In real-life, finite state machines are used to model object state, technical workflows, business collaboration workflows, etc. I can assure you that a complex state diagram with sub-state machines etc. is very hard to validate manually. A tool should be there to help you in these efforts. It could check whether it is indeed finite, it could allow you to simulate the different states and transitions between states, etc.

Visualizing the Architecture

Starting from a set of binaries, a CASE tool could calculate the cumulative dependency of each component. (The cumulative dependency of a component is a figure that gives an indication of the complexity.) The CASE tool could also check for layer violations, depending on the strategy you want to see applied (strict layering versus "loose layering"), and check whether the layering has been violated.

Many tools only allow you to start from the code, while an architect (and also a designer and software developer) would like to have an insight in the big picture. Where does this component fit into the general picture? Is it allowed to access component Y and Z, or would this violate the layering or even introduce circular dependencies?

How do we currently work around these issues? Circular dependencies are detected using a daily build cycle. However, the compiler cannot detect when the layering strategy is violated.
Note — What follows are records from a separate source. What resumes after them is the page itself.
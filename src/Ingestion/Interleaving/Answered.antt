-- ===== src/Ingestion/Interleaving/Answered.antt =====
-- What the broker is told, however the handlers' steps interleave.
use webhook_idp.Common.{
  ℕ, ◌+◌, ◌≡◌, refl, ap, ◌∙◌, ◌⊎◌, inl, inr, Bool, false, Option, none, some, List, [], ◌∷◌, arith,
  if◌then◌else◌, ◌==◌, All, All-append,
}
use webhook_idp.Common.Text.{Text}
use webhook_idp.Common.Exec.{Result, ok, err}
use webhook_idp.Ingestion.Inbox.{Json, InboxRecord}
use webhook_idp.Ingestion.Store.{Exception, InboxRepository}
use webhook_idp.Ingestion.Ingest.{World}
use webhook_idp.Ingestion.Runtime.{Validators, Settlement, ack, nack, settlement}
use webhook_idp.Ingestion.Interleaving.{
  replied, storing, Task, Answer, System, result_of, received, refused, stored, answered, Reach,
  here, next, sum,
}
use webhook_idp.Ingestion.Interleaving.Calls.{sum-append}

unfoldable pub is_tag : ℕ → ℕ → ℕ
is_tag tag other = if tag == other then 1 else 0

abbrev tag_of : Settlement → ℕ
tag_of (ack tag) = tag
tag_of (nack tag all_up_to requeue) = tag

-- The handlers under way, and the answers given, for a message.
abbrev pub tasks_for : ℕ → List Task → ℕ
tasks_for tag = sum (λ task. is_tag tag task.tag)

abbrev pub answers_for : ℕ → List Answer → ℕ
answers_for tag = sum (λ answer. is_tag tag (tag_of answer.settlement))

-- The answer fits the handler's reply: an acknowledgement of its message if the database replied
-- with a result, else a refusal that does not requeue.
abbrev pub IsFitting : Answer → Type 0
IsFitting answer =
    ((tag : ℕ) × (r : InboxRecord) × (inserted : Bool) × (answer.settlement ≡ ack tag)
      × (answer.call ≡ some (r, ok inserted)))
    ⊎ ((tag : ℕ) × (answer.settlement ≡ nack tag false false)
        × ((answer.call ≡ none)
            ⊎ ((r : InboxRecord) × (e : Exception) × (answer.call ≡ some (r, err e)))))

module _ (repo : InboxRepository) (v : Validators) (json_parse : Text → Option Json) where
  -- How often a message was delivered on the way.
  unfoldable pub deliveries : {s t : System repo.Db} → ℕ → Reach v json_parse repo s t → ℕ
  deliveries tag here = 0
  deliveries tag (next way (received msg r ready)) = deliveries tag way + is_tag tag msg.tag
  deliveries tag (next way (refused msg e thrown)) = deliveries tag way + is_tag tag msg.tag
  deliveries tag (next way (stored before after t r same)) = deliveries tag way
  deliveries tag (next way (answered before after t r reply same)) = deliveries tag way

  settled_tag :
      (tag : ℕ) (r : InboxRecord) (reply : Result Exception Bool)
      → tag_of (settlement v json_parse repo tag (result_of r reply)) ≡ tag
  unfolding result_of
  settled_tag tag r (ok inserted) = refl
  settled_tag tag r (err e) = refl

  reply-IsFitting :
      (tag : ℕ) (r : InboxRecord) (reply : Result Exception Bool)
      → IsFitting (record {
        settlement = settlement v json_parse repo tag (result_of r reply);
        call = some (r, reply);
      })
  unfolding result_of
  reply-IsFitting tag r (ok inserted) = inl (tag, r, inserted, refl, refl)
  reply-IsFitting tag r (err e) = inr (tag, refl, inr (r, e, refl))

  Reach-IsFitting :
      {s t : System repo.Db}
      → Reach v json_parse repo s t
      → All IsFitting s.answers
      → All IsFitting t.answers
  Reach-IsFitting here h = h
  Reach-IsFitting (next {t} way (received msg r ready)) h = Reach-IsFitting way h
  Reach-IsFitting (next {t} way (refused msg e thrown)) h =
      All-append IsFitting t.answers _ (Reach-IsFitting way h) (inr (msg.tag, refl, inl refl), tt)
  Reach-IsFitting (next {t} way (stored before after tag r same)) h = Reach-IsFitting way h
  Reach-IsFitting (next {t} way (answered before after tag r reply same)) h =
      All-append IsFitting t.answers _ (Reach-IsFitting way h) (reply-IsFitting tag r reply, tt)

  Reach-counted :
      (tag : ℕ) (w : World repo.Db) {t : System repo.Db}
      (way : Reach v json_parse repo (record { world = w; under_way = []; answers = [] }) t)
      → deliveries tag way ≡ tasks_for tag t.under_way + answers_for tag t.answers
  unfolding deliveries sum
  Reach-counted tag w here = refl
  Reach-counted tag w (next {t} way (received msg r ready)) = omega (
    arith,
    Reach-counted tag w way,
    sum-append (λ task. is_tag tag task.tag) t.under_way
        (record { tag = msg.tag; phase = storing r } ∷ []),
  )
  Reach-counted tag w (next {t} way (refused msg e thrown)) = omega (
    arith,
    Reach-counted tag w way,
    sum-append (λ answer. is_tag tag (tag_of answer.settlement)) t.answers
        (record { settlement = nack msg.tag false false; call = none } ∷ []),
  )
  Reach-counted tag w (next {t} way (stored before after u r same)) =
      let one = λ (task : Task). is_tag tag task.tag in
      let old : Task = record { tag = u; phase = storing r } in
      let new : Task = record {
        tag = u;
        phase = replied r (repo.upsert_by_dedup_key r t.world.db).0;
      } in
      let was = ap (sum one) same ∙ sum-append one before (old ∷ after) in
      omega (arith, Reach-counted tag w way, was, sum-append one before (new ∷ after))
  Reach-counted tag w (next {t} way (answered before after u r reply same)) =
      let one = λ (task : Task). is_tag tag task.tag in
      let old : Task = record { tag = u; phase = replied r reply } in
      let answer : Answer = record {
        settlement = settlement v json_parse repo u (result_of r reply);
        call = some (r, reply);
      } in
      let was = ap (sum one) same ∙ sum-append one before (old ∷ after) in
      let said = ap (is_tag tag) (settled_tag u r reply) in
      omega (
        arith,
        Reach-counted tag w way,
        was,
        said,
        sum-append one before after,
        sum-append (λ a. is_tag tag (tag_of a.settlement)) t.answers (answer ∷ []),
      )

  -- However the handlers' steps interleave, from a worker with no handler under way and no answer
  -- given: the deliveries of a tag are as many as the handlers under way for it and the answers given
  -- for it together, so that each delivery has one answer when no handler is under way. An answer is
  -- an acknowledgement if the database replied to its handler with a result, and a refusal without
  -- requeueing if it threw or the handler did before its call.
  pub Reach-answers :
      (w : World repo.Db) (t : System repo.Db)
      (way : Reach v json_parse repo (record { world = w; under_way = []; answers = [] }) t)
      → ((tag : ℕ) → deliveries tag way ≡ tasks_for tag t.under_way + answers_for tag t.answers)
        × All IsFitting t.answers
  Reach-answers w t way = ((λ tag. Reach-counted tag w way), Reach-IsFitting way tt)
In smaller projects it is possible to manually visualize the actual architecture, but for bigger projects this takes quite some time and is destined become out of sync.

The ability to visualize the component architecture would help tremendously in steering and following-up on the architecture being built (actual architecture) and the planned architecture. When you notice that the actual architecture starts deviating from the planned architecture, you can revise the architecture in an early stage, either by approaching the developers to get the components back in line with the envisioned architecture and/or by revising the envisioned architecture.

Conclusion

I hope that I made you realize—whether you believe in OO CASE tools or not—that there are quite some features that can be implemented today. Instead, all CASE tools are currently focusing on design pattern injection, Model-Driven Architecture, etc. The first OO CASE tool vendor that figures out how to break out of this cage and start addressing what is really required to get us to the next level at a decent price will be victorious.